Besides the describe Strategy, there are some other useful strategies. One interesting storage strategy is used by the `range` function. `range(i, j, s)` generates a list of integers from `i` to `j` in steps of `s` lazily. It does not build a full list, that would be wasteful, because most uses of `range` do not make use of the full list. A special `RangeListStrategy` is used by `range` – it only stores three words of information: `start`, `stop`, and `step`, and produces the desired integer by calculating.

A special fast path for choosing and initializing a strategy is implemented for functions which the return type is fixed and known in advance. For example, `split(d)` on a string will return a list of strings, so a `StringListStrategy` is immediately selected.

In cases where there are optimized type-based operations, a strategy can have and optimized implementation of a method. For example, the `contains(o)` method can be optimized to perform a fast machine word comparison when used in an `IntegerListStrategy`.

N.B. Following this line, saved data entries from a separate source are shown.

-- ===== src/Tls/Merged.antt =====
-- What tls.go merges, and when it refuses to.
use sql_ai_tools.Prelude.{
  ◌≡◌, ◌≢◌, ◌⊎◌, refl, sym, ◌∙◌, true, false, List, [], ◌∷◌, Option, none, some, Bytes, All, arith,
  Bool-cases, inl, inr, codes,
}
use sql_ai_tools.Text.{trim_space, bytes_eq}
use sql_ai_tools.Text.Laws.{bytes_eq_iff}
use sql_ai_tools.Tls.Given.{
  NoneGiven, IsPaired, IsGiven, IsUri, is_zero_iff, is_half_pair_iff, is_uri_iff,
}
use sql_ai_tools.Tls.{
  Urls, Field, TlsParams, Result, merged, rejected, already_present, half_pair, is_empty,
  set_fields, fields_of, merge_tls_params, is_zero, is_half_pair, is_uri, no_dsn, not_uri, bad_uri,
  rebuilt, merge_parsed, merge_trimmed,
}

-- `Set` and `Get` of `url.Values`, as documented.
pub record UrlLaws {U V : Type 0} (url : Urls U V) : Type 0 where
  pub get-set : (q : V) (name val : Bytes) → url.get (url.set q name val) name ≡ val
  pub get-set-other :
      (q : V) (name other val : Bytes)
      → other ≢ name
      → url.get (url.set q name val) other ≡ url.get q other

-- No two fields have the same name.
abbrev pub Distinct : List Field → Type 0
Distinct [] = Unit
Distinct (f ∷ fields) = All (λ (g : Field). g.name ≢ f.name) fields × Distinct fields

-- No field that has a value has the name.
abbrev pub Unset : Bytes → List Field → Type 0
Unset name fields = All (λ (f : Field). (f.val ≡ []) ⊎ (name ≢ f.name)) fields

apart : (s t : Bytes) → bytes_eq s t ≡ false → s ≢ t
apart s t h e = absurd (ground (arith, h, (bytes_eq_iff s t).1 e))

module _ {U V : Type 0} (url : Urls U V) (law : UrlLaws url) where
  -- A field with a value had none before, and has its own afterwards.
  abbrev pub Taken : V → V → Field → Type 0
  Taken q w f = (f.val ≡ []) ⊎ ((url.get q f.name ≡ []) × (url.get w f.name ≡ f.val))

  -- The values that the fields set, or the name of a field with a value that was there before.
  abbrev pub Merges : List Field → V → Result V → Type 0
  Merges fields q (merged w) =
      All (Taken q w) fields
      × ((name : Bytes) → Unset name fields → url.get w name ≡ url.get q name)
  Merges fields q (rejected e) =
      (name : Bytes) × (¬ Unset name fields)
      × (e ≡ already_present name (url.get q name))
      × (url.get q name ≢ [])

  empty-cases : (s : Bytes) → ((is_empty s ≡ true) × (s ≡ [])) ⊎ ((is_empty s ≡ false) × (s ≢ []))
  empty-cases [] = inl (refl, refl)
  empty-cases (c ∷ s) = inr (refl, λ e. cc)

  skip-Merges :
      (f : Field) (fields : List Field) (q : V) (r : Result V)
      → f.val ≡ []
      → Merges fields q r
      → Merges (f ∷ fields) q r
  skip-Merges f fields q (merged w) e (all, same) = ((inl e, all), λ name u. same name u.1)
  skip-Merges f fields q (rejected x) e (name, there, h, used) = (name, (λ u. there u.1), h, used)

  back :
      (f : Field) (fields : List Field) (q w : V)
      → All (λ (g : Field). g.name ≢ f.name) fields
      → All (Taken (url.set q f.name f.val) w) fields
      → All (Taken q w) fields
  back f [] q w d h = tt
  back f (g ∷ fields) q w (ne, d) (inl e, h) = (inl e, back f fields q w d h)
  back f (g ∷ fields) q w (ne, d) (inr (was, now), h) =
      (inr (sym (law.get-set-other q f.name g.name f.val ne) ∙ was, now), back f fields q w d h)

  others-Unset :
      (name : Bytes) (fields : List Field)
      → All (λ (g : Field). g.name ≢ name) fields
      → Unset name fields
  others-Unset name [] h = tt
  others-Unset name (g ∷ fields) (ne, h) = (inr (λ e. ne (sym e)), others-Unset name fields h)

  set-Merges :
      (f : Field) (fields : List Field) (q : V) (r : Result V)
      → Distinct (f ∷ fields)
      → f.val ≢ []
      → url.get q f.name ≡ []
      → Merges fields (url.set q f.name f.val) r
      → Merges (f ∷ fields) q r
  set-Merges f fields q (merged w) d ne was (all, same) = (
    (
      inr (was, same f.name (others-Unset f.name fields d.0) ∙ law.get-set q f.name f.val),
      back f fields q w d.0 all,
    ),
    λ name u. same name u.1 ∙ other name u.0,
  )
    where
      other :
          (name : Bytes)
          → (f.val ≡ []) ⊎ (name ≢ f.name)
          → url.get (url.set q f.name f.val) name ≡ url.get q name
      other name (inl e) = absurd (ne e)
      other name (inr off) = law.get-set-other q f.name name f.val off
  set-Merges f fields q (rejected x) d ne was (name, there, e, used) =
      let off : name ≢ f.name = λ k. there (rw k (others-Unset f.name fields d.0)) in
      let same = law.get-set-other q f.name name f.val off in
      (name, (λ u. there u.1), rw (← same) e, rw (← same) used)

  Unset-now : (f : Field) (fields : List Field) → Unset f.name (f ∷ fields) → f.val ≢ [] → ⊥
  Unset-now f fields (inl e, u) ne = ne e
  Unset-now f fields (inr off, u) ne = off refl

  set_fields-Merges :
      (fields : List Field) (q : V) → Distinct fields → Merges fields q (set_fields url fields q)
  unfolding set_fields
  set_fields-Merges [] q d = (tt, λ name u. refl)
  set_fields-Merges (f ∷ fields) q d = elim (empty-cases f.val) [
    | inl (b, e) ↦
        rw b (skip-Merges f fields q (set_fields url fields q) e (set_fields-Merges fields q d.1))
    | inr (b, ne) ↦ rw b (elim (empty-cases (url.get q f.name)) [
      | inl (c, was) ↦ rw c (
          set-Merges f fields q (set_fields url fields (url.set q f.name f.val)) d ne was
            (set_fields-Merges fields (url.set q f.name f.val) d.1))
      | inr (c, used) ↦ rw c (f.name, (λ u. Unset-now f fields u ne), refl, used)
    ])
  ]

  -- What the outcome says of the connection string and the parameters.
  abbrev pub Merged : Bytes → TlsParams → Result Bytes → Type 0
  Merged dsn p (merged s) =
      (NoneGiven p × (s ≡ dsn))
      ⊎ (IsGiven p
          × IsUri (trim_space dsn)
          × (u : U) × (w : V) × (url.parse (trim_space dsn) ≡ some u)
          × (s ≡ url.rebuild u w)
          × Merges (fields_of p) (url.query u) (merged w))
  Merged dsn p (rejected half_pair) = ¬ IsPaired p
  Merged dsn p (rejected no_dsn) = IsGiven p × (trim_space dsn ≡ [])
  Merged dsn p (rejected not_uri) = IsGiven p × (trim_space dsn ≢ []) × (¬ IsUri (trim_space dsn))
  Merged dsn p (rejected bad_uri) =
      IsGiven p × IsUri (trim_space dsn) × (url.parse (trim_space dsn) ≡ none)
  Merged dsn p (rejected (already_present name val)) =
      IsGiven p
      × IsUri (trim_space dsn)
      × (u : U) × (url.parse (trim_space dsn) ≡ some u)
      × Merges (fields_of p) (url.query u) (rejected (already_present name val))

  distinct : (p : TlsParams) → Distinct (fields_of p)
  unfolding bytes_eq
  distinct p = (
    (
      apart (codes "sslrootcert") (codes "sslmode") refl,
      (
        apart (codes "sslcert") (codes "sslmode") refl,
        (apart (codes "sslkey") (codes "sslmode") refl, tt),
      ),
    ),
    (
      (
        apart (codes "sslcert") (codes "sslrootcert") refl,
        (apart (codes "sslkey") (codes "sslrootcert") refl, tt),
      ),
      ((apart (codes "sslkey") (codes "sslcert") refl, tt), (tt, tt)),
    ),
  )

  rebuilt-Merged :
      (dsn : Bytes) (p : TlsParams) (u : U) (r : Result V)
      → IsGiven p
      → IsUri (trim_space dsn)
      → url.parse (trim_space dsn) ≡ some u
      → Merges (fields_of p) (url.query u) r
      → Merged dsn p (rebuilt url u r)
  unfolding rebuilt
  rebuilt-Merged dsn p u (merged w) half uri e h = inr (half, uri, u, w, e, refl, h)
  rebuilt-Merged dsn p u (rejected half_pair) half uri e (name, k, x, y) = cc
  rebuilt-Merged dsn p u (rejected no_dsn) half uri e (name, k, x, y) = cc
  rebuilt-Merged dsn p u (rejected not_uri) half uri e (name, k, x, y) = cc
  rebuilt-Merged dsn p u (rejected bad_uri) half uri e (name, k, x, y) = cc
  rebuilt-Merged dsn p u (rejected (already_present name val)) half uri e h = (half, uri, u, e, h)

  parsed-Merged :
      (dsn : Bytes) (p : TlsParams) (o : Option U)
      → IsGiven p
      → IsUri (trim_space dsn)
      → url.parse (trim_space dsn) ≡ o
      → Merged dsn p (merge_parsed url p o)
  unfolding merge_parsed
  parsed-Merged dsn p none half uri e = (half, uri, e)
  parsed-Merged dsn p (some u) half uri e =
      rebuilt-Merged dsn p u (set_fields url (fields_of p) (url.query u)) half uri e
        (set_fields-Merges (fields_of p) (url.query u) (distinct p))

  trimmed-Merged :
      (dsn : Bytes) (p : TlsParams)
      → IsGiven p
      → Merged dsn p (merge_trimmed url p (trim_space dsn))
  unfolding merge_trimmed
  trimmed-Merged dsn p half = elim (empty-cases (trim_space dsn)) [
    | inl (b, e) ↦ rw b (half, e)
    | inr (b, ne) ↦ rw b (elim (Bool-cases (is_uri (trim_space dsn))) [
      | inl c ↦ rw c (
          parsed-Merged dsn p (url.parse (trim_space dsn)) half ((is_uri_iff (trim_space dsn)).0 c)
            refl)
      | inr c ↦ rw c (half, ne, λ uri. ground (arith, c, (is_uri_iff (trim_space dsn)).1 uri))
    ])
  ]

  -- Where `url.Values` sets and gets as documented, the merge returns the string as it is when no
  -- parameter is given. Otherwise it refuses half a pair, a blank string, a string that begins with
  -- neither scheme or does not parse, and a parameter that the query has already; or, with a pair or none,
  -- it returns the address whose query has each parameter that is given, had none of them before, and
  -- keeps every other name.
  pub merge_tls_params-Merged :
      (dsn : Bytes) (p : TlsParams) → Merged dsn p (merge_tls_params url dsn p)
  unfolding merge_tls_params
  merge_tls_params-Merged dsn p = elim (Bool-cases (is_zero p)) [
    | inl b ↦ rw b (inl ((is_zero_iff p).0 b, refl))
    | inr b ↦ rw b (elim (Bool-cases (is_half_pair p)) [
      | inl c ↦ rw c (λ pair. ground (arith, c, (is_half_pair_iff p).1 pair))
      | inr c ↦ rw c (
          trimmed-Merged dsn p
            (λ h. ground (arith, b, (is_zero_iff p).1 h), (is_half_pair_iff p).0 c))
    ])
  ]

## Evaluation of performance

The evaluation of storage strategies focus on execution speed and memory usage using a variety of benchmarks. These benchmarks are run on various variants of PyPy with different groups of strategies enabled, ranging from pypy-all, which has all strategies enabled, and pypy-none which has no strategies enabled.

Each benchmark is executed 35 times, and the first 5 is discarded, to try and get close to steady-state of the VM.

Overall, pypy-all improves performance by 18%. It also leads to useful savings in peak memory usage, because, in essence, the strategies cause objects to be shorter-lived on average.

The results measure steady-state, which holds true when using JIT VM in a server-like environment. For short-lived programs, these numbers might not hold up, and measuring that is hard because the impact of the JIT itself can be significant.